Commits, branches, repositories, forks, clones

  • repository: The project, contains all data and history (commits, branches, tags).
  • commit: Snapshot of the project, gets a unique identifier (e.g. c7f0e8bfc718be04525847fc7ac237f470add76e).
  • branch: Independent development line, often we call the main development line main.
  • tag: A pointer to one commit, to be able to refer to it later.
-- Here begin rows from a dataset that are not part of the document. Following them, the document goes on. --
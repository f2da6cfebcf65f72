-- ===== src/Server/Accept/Session.antt =====
-- A whole session: hello, any number of requests, goodbye.
use serialrpc.Base.{
  ℕ, zero, suc, ◌+◌, ◌-◌, ◌^◌, ◌<◌, ◌≡◌, ◌∙◌, refl, ◌==◌, false, Bool, List, [], ◌∷◌, ◌++◌, map,
  length, append_assoc, append-nil, All, arith, ap, get_elem?, some,
}
use serialrpc.Io.{Io, Bytes, Source, Sink, Error, ok, err}
use serialrpc.Io.Laws.{Laws}
use serialrpc.Rpc.{client_hello, client_byte, server_hello, server_goodbye, server_byte}
use serialrpc.Server.Dispatch.{Service, DispatchFunc, handle_request, unsubscribe_all}
use serialrpc.Server.Dispatch.Table.{endpoints, endpoint_inside, handle_request_dispatches}
use serialrpc.Server.Messages.Laws.{InfoInRange, hello_fields, server_hello_lem, goodbye_lem}
use serialrpc.Server.Accept.{serve_requests, handle_goodbye, stop_accept, accept}

-- A request on the wire: its endpoint, counted from 0, and the bytes behind the number.
pub record Request : Type 0 where
  pub endpoint : ℕ
  pub body : Bytes

module _ {S : Type 0} (io : Io) (laws : Laws io) (services : List (Service S)) where
  abbrev pub request_bytes : List Request → Bytes
  request_bytes [] = []
  request_bytes (r ∷ rs) = laws.uvarint (r.endpoint + 1) ++ (r.body ++ request_bytes rs)

  -- The services take a request in the state `s`: the handler reads its body and no more, and
  -- answers `answer`, whatever follows and whatever has been sent.
  abbrev pub Answers : S → Request → S → Bytes → Type 0
  Answers s r s' answer =
      (rest : Source) (w : Sink)
      → handle_request io services r.endpoint s (record { source = r.body ++ rest; sink = w })
        ≡ (s', ok (record { source = rest; sink = w ++ answer }))

  -- The services take the requests one after another.
  pub data Session : S → List Request → S → Bytes → Type 0 where
    idle : {s : S} → Session s [] s []
    next :
        {s s' s'' : S} {r : Request} {rs : List Request} {answer answers : Bytes}
        → r.endpoint + 1 < 2 ^ 32
        → Answers s r s' answer
        → Session s' rs s'' answers
        → Session s (r ∷ rs) s'' (answer ++ answers)

  -- The loop answers the requests and goes on behind them, with the fuel that is left.
  session_lem :
      {s s' : S} {rs : List Request} {answers : Bytes}
      → Session s rs s' answers
      → (fuel k : ℕ) (tail : Source) (w : Sink) → fuel ≡ length rs + k
      → serve_requests io fuel services s (record { source = request_bytes rs ++ tail; sink = w })
        ≡ serve_requests io k services s' (record { source = tail; sink = w ++ answers })
  unfolding serve_requests
  session_lem (idle {s = s}) fuel k tail w e =
      let same : fuel ≡ k = omega arith in rw (same, append-nil w) refl
  session_lem (next small a session) zero k tail w e = absurd (omega arith)
  session_lem {s = s} {s' = s''}
        (next {s' = t} {r = r} {rs = rs} {answer = answer} {answers = answers} small a session)
        (suc fuel) k tail w e =
      rw
        (
          append_assoc (laws.uvarint (r.endpoint + 1)) (r.body ++ request_bytes rs) tail,
          append_assoc r.body (request_bytes rs) tail,
          laws.read_uint32_eq (r.endpoint + 1) (r.body ++ (request_bytes rs ++ tail)) small,
          nonzero,
          pred_lem,
          a (request_bytes rs ++ tail) w,
          serve_requests,
        )
        (rw (pred_lem, a (request_bytes rs ++ tail) w)
          (session_lem {s = t} session fuel k tail (w ++ answer) (omega arith)
            ∙ rw (append_assoc w answer answers) refl))
    where
      nonzero : (r.endpoint + 1 == 0) ≡ false
      nonzero = ground arith

      pred_lem : r.endpoint + 1 - 1 ≡ r.endpoint
      pred_lem = omega arith

  goodbye_served :
      (k : ℕ) (s : S) (rest : Source) (w : Sink)
      → serve_requests io (suc k) services s (record { source = laws.uvarint 0 ++ rest; sink = w })
        ≡ (
          unsubscribe_all services s,
          ok (record { source = rest; sink = w ++ server_byte server_goodbye ∷ [] }),
        )
  unfolding serve_requests handle_goodbye stop_accept
  goodbye_served k s rest w =
      rw (laws.read_uint32_eq 0 rest (omega arith), serve_requests)
        (rw (goodbye_lem io laws w, handle_goodbye) refl)

  serve_requests_lem :
      {s s' : S} {rs : List Request} {answers : Bytes}
      → Session s rs s' answers
      → (fuel : ℕ) (rest : Source) (w : Sink) → length rs < fuel
      → serve_requests io fuel services s
          (record { source = request_bytes rs ++ (laws.uvarint 0 ++ rest); sink = w })
        ≡ (
          unsubscribe_all services s',
          ok (record { source = rest; sink = w ++ (answers ++ server_byte server_goodbye ∷ []) }),
        )
  serve_requests_lem {s = s} {s' = s'} {rs = rs} {answers = answers} session fuel rest w lt =
      let k = fuel - length rs - 1 in
      session_lem session fuel (suc k) (laws.uvarint 0 ++ rest) w (omega arith)
      ∙ goodbye_served k s' rest (w ++ answers)
      ∙ rw (append_assoc w answers (server_byte server_goodbye ∷ [])) refl

  -- `accept` on a client that says hello, makes requests that the services take, and says goodbye,
  -- with services whose numbers are in range and more fuel than requests: it sends its hello, the
  -- answers in the order of the requests and a goodbye, leaves what follows unread, and ends every
  -- subscription.
  pub accept-Session :
      {s s' : S} {rs : List Request} {answers : Bytes}
      → Session s rs s' answers
      → (big : Bool) (refusal : Bytes) (fuel : ℕ) (rest : Source) (w : Sink)
      → All InfoInRange (map (λ service. service.info) services)
      → length rs < fuel
      → accept io big refusal fuel services s (record {
        source = client_byte client_hello ∷ (request_bytes rs ++ (laws.uvarint 0 ++ rest));
        sink = w;
      })
        ≡ (
          unsubscribe_all services s',
          ok (record {
            source = rest;
            sink =
                w
                ++ (server_byte server_hello
                    ∷ (hello_fields io big laws (map (λ service. service.info) services)
                        ++ (answers ++ server_byte server_goodbye ∷ [])));
          }),
        )
  unfolding accept
  accept-Session {s} {s'} {rs} {answers} session big refusal fuel rest w h lt =
      rw
        (
          laws.read_byte_eq (client_byte client_hello)
              (request_bytes rs ++ (laws.uvarint 0 ++ rest)),
          server_hello_lem io big laws (map (λ (service : Service S). service.info) services) w h,
          serve_requests_lem session fuel rest _ lt,
          accept,
        )
        (simp append_assoc)

  fails_at :
      (k : ℕ) (s s' : S) (endpoint : ℕ) (rest : Source) (w : Sink) (e : Error)
      → endpoint + 1 < 2 ^ 32
      → handle_request io services endpoint s (record { source = rest; sink = w }) ≡ (s', err e)
      → serve_requests io
          (suc k)
          services
          s
          (record { source = laws.uvarint (endpoint + 1) ++ rest; sink = w })
        ≡ (unsubscribe_all services s', err e)
  unfolding serve_requests stop_accept
  fails_at k s s' endpoint rest w e small h =
      rw (laws.read_uint32_eq (endpoint + 1) rest small, nonzero, pred_lem, h, serve_requests)
        (rw (pred_lem, h) refl)
    where
      nonzero : (endpoint + 1 == 0) ≡ false
      nonzero = ground arith

      pred_lem : endpoint + 1 - 1 ≡ endpoint
      pred_lem = omega arith

unsubscribe_all-append :
    {S : Type 0} (before after : List (Service S)) (s : S)
    → unsubscribe_all (before ++ after) s ≡ unsubscribe_all after (unsubscribe_all before s)
unfolding unsubscribe_all
unsubscribe_all-append [] after s = refl
unsubscribe_all-append (service ∷ before) after s =
    unsubscribe_all-append before after (service.unsubscribe s)

module _ {S : Type 0} (io : Io) (laws : Laws io) (before after : List (Service S))
    (service : Service S) where
  -- A client makes requests that the services take and then one for method `j` of a service, whose
  -- dispatch function fails after any answers, with fewer than 2^32 - 1 endpoints and more fuel than
  -- requests: the loop ends with that error, and from the state that the function left every service
  -- ends its subscriptions, the one that failed between those in front of it and those behind.
  pub serve_requests_fails :
      {s s' : S} {rs : List Request} {answers : Bytes}
      → Session io laws (before ++ service ∷ after) s rs s' answers
      → (fuel j : ℕ) (dispatch : DispatchFunc S) (s'' : S) (rest : Source) (w : Sink) (e : Error)
      → length rs < fuel
      → endpoints (before ++ service ∷ after) + 1 < 2 ^ 32
      → get_elem? service.dispatch_table j ≡ some dispatch
      → dispatch (endpoints before + j) s' (record { source = rest; sink = w ++ answers })
        ≡ (s'', err e)
      → serve_requests io fuel (before ++ service ∷ after) s (record {
        source =
            request_bytes io laws (before ++ service ∷ after) rs
            ++ (laws.uvarint (endpoints before + j + 1) ++ rest);
        sink = w;
      })
        ≡ (unsubscribe_all after (service.unsubscribe (unsubscribe_all before s'')), err e)
  unfolding unsubscribe_all
  serve_requests_fails {s = s} {s' = s'} {rs = rs} {answers = answers} session fuel j dispatch s''
        rest w e lt small entry fails =
      let services = before ++ service ∷ after in
      let k = fuel - length rs - 1 in
      let inside = endpoint_inside before after service j dispatch entry in
      let reached =
        handle_request_dispatches io before after service j dispatch s'
          (record { source = rest; sink = w ++ answers }) (omega arith) entry in
      session_lem io laws services session fuel (suc k)
        (laws.uvarint (endpoints before + j + 1) ++ rest) w (omega arith)
      ∙ fails_at io laws services k s' s'' (endpoints before + j) rest (w ++ answers) e
          (omega arith) (reached ∙ fails)
      ∙ ap (λ (t : S). (t, err e)) (unsubscribe_all-append before (service ∷ after) s'')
Like a sticky note that you attach to a particular commit (e.g. phd-printed or paper-submitted).
  • cloning: Copying the whole repository to your laptop - the first time. It is not necessary to download each file one by one.
  • forking: Taking a copy of a repository (which is typically not yours) - your copy (fork) stays on GitHub and you can make changes to your copy.

fig

GitHub file view of the nf-core/viralrecon repository. This is the version of all files at a single point in time.

fig

Github history view of the viralrecon repository. This is the progression of the repository (with the commit message over time).

fig

Network graph of all commits in the nf-core/viralrecon repository. This shows the relationship between different forks of people who are contributing and sharing code.

Interesting repositories to explore these concepts

Why using repositories?

  • All changes are recorded.
  • We do not have to send changes via email.
  • We can experiment with several ideas which might not work out (using branches).
  • Several people can work on the same project at the same time (using branches).
  • We do not have to wait for others to send us “the latest version” over email.
  • We do not have to merge parallel developments by hand.
  • Group-based access model where shared access is the default, instead of everything fundamentally owned by individuals who manage sharing as-needed: with Git you can easily have collaboration be the default.
  • It is possible to serve websites directly from a repository.

Discussion

  • How have you solved these in the past without version control?